Next, I added some paste to the leather wheel and honed it for about 1 minute. It still did not feel completely sharp to touch. I had expected this from both experience before and from reading a few years ago about the proper way to sharpen, even with a Tormek. I read an article (about the Tormek) and how one professional said the Tormek was not the end all in shapening. Honing was needed AFTER using a Tormek. I also knew that honing paste was usually still too course for precision sharpening. So, after using the honing paste and leather wheel, I pulled out my scary sharp .2?micron sand paper and honed it 4 or 5 swipes - and suddenly - WOW. I could FEEL the difference from before and after. I know what the scary sharp method feels like with sharp, but this brought it up a WHOLE notch.

The clamp guide gave great alignment to the chisel, the concave grind allowed for easier honing, the honing got the edge into shape and the scary sharp .2micron sandpaper produced a sharpness with ease that I have not felt before, even when using the scary sharp system previously many times.

Back to the Grizzly - I may be wrong, but I feel the lack of heat generated because it was using a water wheel and the water was 100% running over the grind at all times, the HSS grind held its hardness.
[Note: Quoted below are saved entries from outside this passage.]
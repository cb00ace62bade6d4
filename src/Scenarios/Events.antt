-- ===== src/Scenarios/Events.antt =====
-- The theorems on the timeline at two observations of a pod.
use tracegarden.Prelude.{
  ℕ, ◌+◌, ◌*◌, ◌≡◌, refl, subst, inl, inr, true, false, none, some, List, [], ◌∷◌, ◌++◌, Bool-cases,
  some_inj, length, All, Str, js, ◌===◌, trim,
}
use tracegarden.Prelude.Dict.{get, set, remove}
use tracegarden.Prelude.Value.{is_decimal, is_digit}
use tracegarden.Prelude.Result.{ok}
use tracegarden.Domain.Correlation.{time, SuggestionStatus, rejected}
use tracegarden.Cluster.{Observation, mark_recovery}
use tracegarden.Timeline.Records.{
  Entry, Store, CheckpointInput, ConfirmedLink, Suggestion, new_store,
}
use tracegarden.Timeline.Ingest.{
  put_optional, Ingested, observation_key, checkpoint_key, timeline_entry_for, previous_of,
  latest_from, store_observation, ingest, ingest_all, record_observations_internal,
}
use tracegarden.Timeline.Reviews.{ReviewResult, review_attention_item, unread_attention_count}
use tracegarden.Timeline.Retention.{
  cleanup_retention, cleanup_with, cleanup_before, is_protected, is_candidate, get_retention_policy,
  delete_entries, remove_all, observation_keys,
}
use tracegarden.Timeline.Keyed.{Keyed}
use tracegarden.Timeline.Cleanup.{cleanup_retention-keeps_protected}
use tracegarden.Timeline.Batches.{AreRecordable, are_duplicates, record_observations_internal_again}
use tracegarden.Timeline.History.{
  Call, batch, cleanup, step, AreAllowed, AllSucceed, history-AllSucceed, new_store-IsLinked,
}
use tracegarden.Timeline.Unread.{bit, review_attention_item-unread_attention_count}
use tracegarden.Timeline.Checkpoints.{AreDecimal, NotBehind, put_all, Reached, put_all-Reached}
use tracegarden.Scenarios.Fixtures.{dates, pod_state}

-- A pod that is not ready, and then is.
abbrev observations : List (Str × Observation)
observations = (js "e1", pod_state (js "7") true 1) ∷ (js "e2", pod_state (js "9") false 2) ∷ []

-- The same states under new ids.
abbrev again : List (Str × Observation)
again = (js "e3", pod_state (js "7") true 1) ∷ (js "e4", pod_state (js "9") false 2) ∷ []

abbrev day : ℕ
day = 86400000

-- The first batch, a cleanup after 40 days, and the first state once more.
abbrev calls : List Call
calls =
    batch (5 ∷ []) observations none
    ∷ cleanup (40 * day) (js "w") (some (40 * day))
    ∷ batch (6 ∷ []) again none
    ∷ []

empty_AreRecordable : AreRecordable observations (new_store none)
unfolding new_store ingest store_observation previous_of latest_from get set observation_key
    timeline_entry_for mark_recovery ◌===◌
empty_AreRecordable = (refl, (refl, refl), (refl, (refl, refl), tt))

calls-AreAllowed : AreAllowed dates calls (new_store none)
unfolding new_store ingest_all cleanup_with record_observations_internal step cleanup_retention
    cleanup_before is_protected is_candidate get_retention_policy delete_entries remove_all
    observation_keys remove ingest store_observation previous_of latest_from get set observation_key
    timeline_entry_for mark_recovery trim ◌===◌
calls-AreAllowed = (
  (refl, (refl, refl), (refl, (refl, refl), tt)),
  ((refl, (refl, refl), (refl, (refl, refl), tt)), tt),
)

history-AllSucceed_example : AllSucceed dates calls (new_store none)
history-AllSucceed_example = history-AllSucceed dates none calls calls-AreAllowed

abbrev position : Str → CheckpointInput
position version = record {
  workspace_id = js "w";
  cluster_id = js "c";
  namespace = js "apps";
  resource_kind = js "Pod";
  resource_version = version;
}

record_observations_internal_again_example :
    let at = some (position (js "7")) in
    let s' = (record_observations_internal (5 ∷ []) observations at (new_store none)).1 in
    let second = some (position (js "9")) in
    let r = record_observations_internal (6 ∷ []) again second s' in
    (results : List Ingested) × (r
      ≡ (ok results, record s' { checkpoints = put_optional (6 ∷ []) second s'.checkpoints }))
    × (length results ≡ 2)
    × (are_duplicates results ≡ true)
    × (record_observations_internal (6 ∷ []) again none s' ≡ (ok results, s'))
    × (record_observations_internal (6 ∷ []) again at s' ≡ (ok results, s'))
record_observations_internal_again_example =
    record_observations_internal_again (5 ∷ []) (6 ∷ []) observations again
      (some (position (js "7"))) (some (position (js "9"))) (new_store none) empty_AreRecordable
      (new_store-IsLinked none) refl

abbrev entry : Str → Observation → ℕ → Entry
entry id o n = timeline_entry_for id o n

abbrev link : ConfirmedLink
link = record {
  id = js "l1";
  workspace_id = js "w";
  suggestion_id = js "g1";
  left_entry_id = js "e0";
  right_entry_id = js "e1";
  confirmed_by_member_id = js "m";
  confirmed_at = 3 ∷ [];
}

abbrev suggestion : SuggestionStatus → Suggestion
suggestion status = record {
  id = js "g1";
  workspace_id = js "w";
  left_entry_id = js "e0";
  right_entry_id = js "e1";
  signals = time ∷ [];
  status = status;
  created_at = 2 ∷ [];
  decided_at = none;
  decided_by_member_id = none;
  confirmed_link = none;
}

-- Two entries, of which a confirmed link protects the first.
abbrev timeline : Store
timeline = record {
  observations = [];
  entries =
      (js "e1", entry (js "e1") (pod_state (js "7") true 1) 1)
      ∷ (js "e2", entry (js "e2") (pod_state (js "9") false 2) 2)
      ∷ [];
  next_sequence = 2;
  orders = [];
  next_order = 2;
  checkpoints =
      (
        js "w" ++ (0 ∷ (js "c" ++ (0 ∷ (js "apps" ++ (0 ∷ js "Pod"))))),
        record { input = position (js "9"); updated_at = 5 ∷ [] },
      )
      ∷ [];
  reviews = [];
  suggestions = (js "k", suggestion rejected) ∷ [];
  links = (js "g1", link) ∷ [];
  experiments = [];
  policies = [];
  scope_store = none;
}

timeline_Keyed : Keyed timeline.entries
unfolding get timeline_entry_for ◌===◌
timeline_Keyed = (refl, refl, (refl, refl, tt))

cleanup_retention-keeps_protected_example :
    get (js "e1") (cleanup_retention dates 9 (js "w") (some (40 * day)) timeline).1.entries
    ≡ get (js "e1") timeline.entries
unfolding is_protected ◌===◌
cleanup_retention-keeps_protected_example =
    cleanup_retention-keeps_protected dates 9 (js "w") (some (40 * day)) timeline (js "e1")
      timeline_Keyed refl

review_attention_item-unread_attention_count_example :
    let r = review_attention_item (js "w") (js "m") (js "e1") timeline in
    (x : ReviewResult) × (r.0 ≡ some x)
    × (unread_attention_count (js "w") (js "m") r.1 ≡ x.unread_count)
    × (x.unread_count + bit x.reviewed ≡ unread_attention_count (js "w") (js "m") timeline)
unfolding get timeline_entry_for ◌===◌
review_attention_item-unread_attention_count_example =
    review_attention_item-unread_attention_count (js "w") (js "m") (js "e1") timeline
      (entry (js "e1") (pod_state (js "7") true 1) 1) timeline_Keyed refl refl

timeline_AreDecimal : AreDecimal timeline.checkpoints
unfolding get is_decimal is_digit checkpoint_key
timeline_AreDecimal k p g = elim (Bool-cases (checkpoint_key (position (js "9")) === k)) [
  | inl t ↦ subst (λ q. is_decimal q.input.resource_version ≡ true) (some_inj _ p (rw t at g)) refl
  | inr t ↦ absurd cc (rw t at g)
]

abbrev writes : List (Str × CheckpointInput)
writes = (6 ∷ [], position (js "12")) ∷ (7 ∷ [], position (js "11")) ∷ []

put_all-Reached_example :
    NotBehind timeline.checkpoints (put_all writes timeline.checkpoints)
    × All (λ w. Reached w.1 (put_all writes timeline.checkpoints)) writes
unfolding is_decimal is_digit
put_all-Reached_example =
    put_all-Reached writes timeline.checkpoints (refl, (refl, tt)) timeline_AreDecimal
This hardness is lost during heated grinds, and even slow speed 1750rpm grinders can cause temp problems on the finer edges. (I am forgetting the correct term at the moment). Anyway, the slow speed water wheel did a fantastic job of getting the correct alignment for the tool. I can’t wait until I have time to sharpen all of my chisels and even knives.
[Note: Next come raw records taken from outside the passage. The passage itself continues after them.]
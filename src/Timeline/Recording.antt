-- ===== src/Timeline/Recording.antt =====
-- `recordObservations` and `recordObservationsAndCheckpoint` of packages/db/src/index.ts, and its
-- `createExperiment` and `updateExperiment`.
use tracegarden.Prelude.{
  ℕ, ◌+◌, Bool, true, false, ◌&&◌, Option, none, some, List, [], ◌∷◌, if◌then◌else◌, any, all, Str,
  ◌===◌,
}
use tracegarden.Prelude.Dates.{Dates}
use tracegarden.Prelude.Dict.{get, set}
use tracegarden.Prelude.Value.{Value}
use tracegarden.Prelude.Result.{Result, ok, err}
use tracegarden.Cluster.{Observation}
use tracegarden.Domain.Experiment.{ExperimentRecord, ExperimentWorkload}
use tracegarden.Domain.Lifecycle.{create_experiment_record, update_experiment_record}
use tracegarden.Timeline.Records.{
  Entry, Content, observed, experiment, CheckpointInput, Store, TimelineError, foreign_workloads,
  experiment_entry_missing, experiment_error,
}
use tracegarden.Timeline.Ingest.{
  Ingested, record_observations_internal, validate_configured_cluster,
  validate_observation_ownership,
}
use tracegarden.Timeline.Decisions.{refresh_correlation_suggestions}

abbrev pub Reply : Type 0 → Type 0
Reply A = Result TimelineError A × Store

-- The distinct workspaces of a batch, without those that were seen before.
unfoldable pub workspaces_from : List Str → List (Str × Observation) → List Str
workspaces_from seen [] = []
workspaces_from seen ((id, o) ∷ rest) =
    let old = workspaces_from seen rest in
    let new = workspaces_from (o.workspace_id ∷ seen) rest in
    if any (λ w. w === o.workspace_id) seen then old else o.workspace_id ∷ new

abbrev check_position : Option CheckpointInput → Store → Result TimelineError (Unit {0})
check_position none s = ok tt
check_position (some c) s =
    validate_configured_cluster c.workspace_id c.cluster_id c.namespace c.resource_kind s

-- The Cluster of a Workspace is the one of every workload, where a scope store is there.
unfoldable pub validate_experiment_clusters :
    Str → List ExperimentWorkload → Store → Result TimelineError (Unit {0})
validate_experiment_clusters workspace [] s = ok tt
validate_experiment_clusters workspace (w ∷ ws) s = elim s.scope_store [
  | none ↦ ok tt
  | some none ↦ err foreign_workloads
  | some (some scope) ↦
      if scope.workspace_id === workspace && all (λ v. v.cluster_id === scope.cluster_id) (w ∷ ws)
      then ok tt
      else err foreign_workloads
]

abbrev first_cluster : List ExperimentWorkload → Option Str
first_cluster [] = none
first_cluster (w ∷ ws) = some w.cluster_id

abbrev pub content_of : ExperimentRecord → Content
content_of x = experiment (record { cluster_id = first_cluster x.input.workloads; experiment = x })

-- The new experiment with its entry.
unfoldable pub store_experiment : ExperimentRecord → Store → Store
store_experiment x s = record s {
  next_sequence = s.next_sequence + 1;
  experiments = set x.id x s.experiments;
  entries =
      set x.timeline_entry_id
        (record {
          id = x.timeline_entry_id;
          sequence = s.next_sequence + 1;
          workspace_id = x.workspace_id;
          occurred_at = x.created_at;
          content = content_of x;
        })
        s.entries;
}

abbrev pub is_experiment : Entry → Bool
is_experiment e = elim e.content [ observed x ↦ false | experiment x ↦ true ]

-- The changed experiment, in its entry too.
unfoldable pub replace_experiment : Str → ExperimentRecord → Entry → Store → Store
replace_experiment id x e s = record s {
  experiments = set id x s.experiments;
  entries = set x.timeline_entry_id (record e { content = content_of x }) s.entries;
}

module _ (d : Dates) (ids : Str → ℕ → Str) where
  unfoldable pub refresh_all : Str → List Str → Store → Store
  refresh_all now [] s = s
  refresh_all now (w ∷ ws) s =
      refresh_all now ws (refresh_correlation_suggestions d (ids w) now w s)

  abbrev refreshed : Str → List (Str × Observation) → Reply (List Ingested) → Reply (List Ingested)
  refreshed now observations (err e, s) = (err e, s)
  refreshed now observations (ok results, s) =
      (ok results, refresh_all now (workspaces_from [] observations) s)

  -- Without a checkpoint this is `recordObservations`, and with one the other method.
  unfoldable pub record_observations :
      Str → List (Str × Observation) → Option CheckpointInput → Store → Reply (List Ingested)
  unfolding refresh_all workspaces_from
  record_observations now observations checkpoint s =
      elim (validate_observation_ownership observations s) [
        | err e ↦ (err e, s)
        | ok u ↦ elim (check_position checkpoint s) [
          | err e ↦ (err e, s)
          | ok v ↦
              refreshed now observations
                (record_observations_internal now observations checkpoint s)
        ]
      ]

  unfoldable pub create_experiment :
      Str → Str → Str → Str → Str → Value → Store → Reply ExperimentRecord
  create_experiment id entry_id now workspace member_id input s =
      elim (create_experiment_record id workspace member_id entry_id now input) [
        | err e ↦ (err (experiment_error e), s)
        | ok x ↦ elim (validate_experiment_clusters workspace x.input.workloads s) [
          | err e ↦ (err e, s)
          | ok u ↦ (
            ok x,
            refresh_correlation_suggestions d (ids workspace) now workspace (store_experiment x s),
          )
        ]
      ]

  abbrev pub replaced :
      Str → Str → Str → ExperimentRecord → Store → Option Entry → Reply (Option ExperimentRecord)
  replaced id now workspace x s none = (err experiment_entry_missing, s)
  replaced id now workspace x s (some e) =
      if is_experiment e
      then (
        ok (some x),
        refresh_correlation_suggestions d (ids workspace) now workspace
            (replace_experiment id x e s),
      )
      else (err experiment_entry_missing, s)

  unfoldable pub update_experiment :
      Str → Str → Str → Value → Store → Reply (Option ExperimentRecord)
  update_experiment now workspace id input s = elim (get id s.experiments) [
    | none ↦ (ok none, s)
    | some current ↦
        if current.workspace_id === workspace
        then elim (update_experiment_record current input now) [
          | err e ↦ (err (experiment_error e), s)
          | ok x ↦ elim (validate_experiment_clusters workspace x.input.workloads s) [
            | err e ↦ (err e, s)
            | ok u ↦ replaced id now workspace x s (get current.timeline_entry_id s.entries)
          ]
        ]
        else (ok none, s)
  ]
The sharpening process is noticeably slower than even using a slow 1750rpm grinder because the Grizzly wet grinder is 110RPM. This took a little mental adjustment on my part. I have a VS Delta grinder (2000 - 3450) and it is faster for sure, but it does generate heat. Going down to a 110rpm does take more time to get the edge right, but it sure does a super job.

I feel like I have found a new best friend in my shop! I spent most of "President's Day" grinding a face on a large wood chisel set that I got when I was in Japan. And following up with the scary sharp honing. Fantastic. I can use them now. 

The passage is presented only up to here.